10x your deep learning severless function using openfaas framework!

Intro

Recently i discovered a way to speed out the serverless functon using [Openfaas] (https://www.openfaas.com/) framework. The idea is fairly simple, we have a “pre-load function”. After a few attempts and with the help of [alexellis] (https://github.com/alexellis/) I manage to speed up my openfaas production code from 1 second to 10 seconds.

As we all know that to speed up the programs, we need to identify the slowest function call (profiling) and which part of your program is having delay. So I go ahead to do profiling of my AI machine learning models. Then I have discovered that most of the AI prediction model have this patten.

Load the heavy library (Example: Load tensorflow, Load Keras, Load PyTorch)
Reconstruct the AI models
Load pre-trained weight (Disk I/O, usually this is the real bottle neck)
Take new input using the new data provided by user
Data transformation (base on your models input data)
Do the prediction
Parse the output and return human readable answers (return json?)

By having a pre-load function, I can easily offload step 1 to step 3. This is because at run time, we only need to take new inputs data from user (Step 4 to Step 7).

My skeleton code

$ mkdir flask-preload
$ cd flask-preload
$ faas template pull https://github.com/openfaas-incubator/python-flask-template
$ faas new --lang python3-flask function
$ touch function/faasinit.py

$ cat function/faasinit.py
faas = "awesome\r\n"

$ cat template/python3-flask/index.py
# Copyright (c) Alex Ellis 2017. All rights reserved.
# Licensed under the MIT license. See LICENSE file in the project root for full license information.

from flask import Flask, request
from function import handler
#from gevent.wsgi import WSGIServer
from gevent.pywsgi import WSGIServer

try:
  from function.faasinit import * # This is the heavy loading scripts faasinit.py
except ImportError:
  pass

app = Flask(__name__)

@app.before_request
def fix_transfer_encoding():
    """
    Sets the "wsgi.input_terminated" environment flag, thus enabling
    Werkzeug to pass chunked requests as streams.  The gunicorn server
    should set this, but it's not yet been implemented.
    """

    transfer_encoding = request.headers.get("Transfer-Encoding", None)
    if transfer_encoding == u"chunked":
        request.environ["wsgi.input_terminated"] = True

@app.route("/", defaults={"path": ""}, methods=["POST", "GET"])
@app.route("/<path:path>", methods=["POST", "GET"])
def main_route(path):
    #ret = handler.handle(request.get_data())
    #ret = handler.handle(faas)
    ret = handler.handle(request.get_data(), faas)
    return ret

if __name__ == '__main__':
    #app.run(host='0.0.0.0', port=5000, debug=False)

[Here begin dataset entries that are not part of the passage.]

-- ===== src/Ecs/Examples.antt =====
-- A short life of a store, and the theorems on Ecs/Ecs.cppm and Ecs.cpp at it.
use playground_engine.OrderedMap.Nested.{assign_in}
use playground_engine.Base.{
  suc, length, ◌&&◌, if◌then◌else◌, ◌∷◌, ◌≢◌, arith, ◌==◌, some, any_of, false, none, ◌≤◌, [], true,
  ℕ, ◌≡◌, refl,
}
use playground_engine.Ecs.{
  find_component, components_of_type, get_components, get_entities, Ecs, new, add_entity,
  add_component_to_entity, destroy_entity, destroy_component, try_get_component, is_entity_alive,
  get_components_with_entities,
}
use playground_engine.OrderedMap.{insert_or_assign, find, try_emplace, erase, keys}
use playground_engine.Ecs.View.{entity, alive}
use playground_engine.Ecs.History.{
  next_id, Reach, here, next, entity_added, component_added, Reach-IsConsistent, dead_forever,
}
use playground_engine.Ecs.Consistency.{IsConsistent}
use playground_engine.Ecs.Destroy.{
  destroy_entity_effect, destroy_component_effect, add_component_to_entity_effect,
}
use playground_engine.Ecs.Enumeration.{
  listed, owners, ids, Ascending, get_components_with_entities_exact, get_entities_exact,
}

abbrev with_id : ℕ → Ecs → Ecs
with_id n ecs = record ecs {
  last_entity_id = n;
  components_per_entity = try_emplace n [] ecs.components_per_entity;
}

abbrev one_entity : Ecs
one_entity = with_id 1 new

abbrev two_entities : Ecs
two_entities = with_id 2 one_entity

-- Type 10 on both entities, type 20 on the second.
abbrev populated : Ecs
populated =
    (add_component_to_entity 20 102 (entity 2)
      (add_component_to_entity 10 101 (entity 2)
        (add_component_to_entity 10 100 (entity 1) two_entities).0).0).0

two_entities_reached : Reach new two_entities
unfolding add_entity try_emplace
two_entities_reached =
    next (next here (entity_added (entity 1, one_entity) refl))
      (entity_added (entity 2, two_entities) refl)

populated_reached : Reach new populated
populated_reached =
    next (next (next two_entities_reached (component_added 10 100 1)) (component_added 10 101 2))
      (component_added 20 102 2)

lists_both : get_components_with_entities populated 10 ≡ (entity 1, 100) ∷ (entity 2, 101) ∷ []
unfolding get_components_with_entities add_component_to_entity find try_emplace assign_in
lists_both = refl

Reach-IsConsistent_example : IsConsistent populated
Reach-IsConsistent_example = Reach-IsConsistent populated_reached

destroy_entity_effect_example :
    (try_get_component (destroy_entity (entity 2) populated) 10 (entity 2) ≡ none)
    × (is_entity_alive (destroy_entity (entity 2) populated) (entity 2) ≡ false)
destroy_entity_effect_example =
    destroy_entity_effect 2 populated (Reach-IsConsistent populated_reached) 10 2

destroy_component_effect_example :
    (try_get_component (destroy_component 10 (entity 2) populated) 20 (entity 2)
      ≡ try_get_component populated 20 (entity 2))
    × (is_entity_alive (destroy_component 10 (entity 2) populated) (entity 2)
        ≡ is_entity_alive populated (entity 2))
destroy_component_effect_example = destroy_component_effect 10 2 populated 20 2

entity_1-living : is_entity_alive populated (entity 1) ≡ true
unfolding is_entity_alive add_component_to_entity find try_emplace assign_in insert_or_assign
entity_1-living = refl

entity_1-lacks_30 : try_get_component populated 30 (entity 1) ≡ none
unfolding try_get_component find_component components_of_type add_component_to_entity find
    try_emplace assign_in insert_or_assign
entity_1-lacks_30 = refl

add_component_to_entity_effect_example :
    let (after, returned) = add_component_to_entity 30 103 (entity 1) populated in
    (returned ≡ some 103)
    × (length (get_components after 30) ≡ suc (length (get_components populated 30)))
    × (try_get_component after 30 (entity 1)
        ≡ (if (30 == 30) && (1 == 1) then some 103 else try_get_component populated 30 (entity 1)))
    × (is_entity_alive after (entity 1) ≡ is_entity_alive populated (entity 1))
add_component_to_entity_effect_example =
    add_component_to_entity_effect 30 103 1 populated 30 1 entity_1-living entity_1-lacks_30

get_components_with_entities_exact_example :
    ((e : ℕ)
      → listed e (get_components_with_entities populated 10)
        ≡ try_get_component populated 10 (entity e))
    × Ascending (owners (get_components_with_entities populated 10))
get_components_with_entities_exact_example =
    get_components_with_entities_exact populated 10 populated_reached

get_entities_exact_example :
    ((e : ℕ)
      → any_of (λ i. i == e) (ids (get_entities populated)) ≡ is_entity_alive populated (entity e))
    × Ascending (ids (get_entities populated))
get_entities_exact_example = get_entities_exact populated populated_reached

destroyed_is_dead : alive (destroy_entity (entity 2) populated) 2 ≡ false
unfolding destroy_entity add_component_to_entity find try_emplace erase keys
destroyed_is_dead = refl

after_destroyed : 2 ≤ (destroy_entity (entity 2) populated).last_entity_id
unfolding destroy_entity add_component_to_entity find try_emplace erase keys
after_destroyed = omega arith

dead_forever_example :
    (alive (destroy_entity (entity 2) populated) 2 ≡ false)
    × (next_id (destroy_entity (entity 2) populated) ≢ some 2)
dead_forever_example =
    dead_forever {a = destroy_entity (entity 2) populated} 2 here after_destroyed destroyed_is_dead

    http_server = WSGIServer(('', 5000), app)
    http_server.serve_forever()

$ cat function/handler.py
def handle(req, faas):
    """handle a request to the function
    Args:
        req (str): request body
    """

    return faas

$ faas up -f function.yml
$ curl -s https://endpoint/function/heavy1 -d "faas is"
awesome

conclusion

And this is my test without using fassinit.py

chenglim@chenglim-GL503VM:/amaris/faas/flask-preload$ time curl -s https://faas.amaris.ai/function/flask-preload
[["n02504458", "African_elephant", 0.5097971558570862], ["n01871265", "tusker", 0.45040571689605713], ["n02504013", "Indian_elephant", 0.03866980969905853]]

real    0m10.074s
user    0m0.010s
sys    0m0.005s

And this is my test with fassinit.py

chenglim@chenglim-GL503VM:/amaris/faas/flask-preload$ time curl -s https://faas.amaris.ai/function/flask-preload
[["n02504458", "African_elephant", 0.5097971558570862], ["n01871265", "tusker", 0.45040571689605713], ["n02504013", "Indian_elephant", 0.03866980969905853]]

real    0m0.689s
user    0m0.014s
sys    0m0.000s

Written on January 24, 2019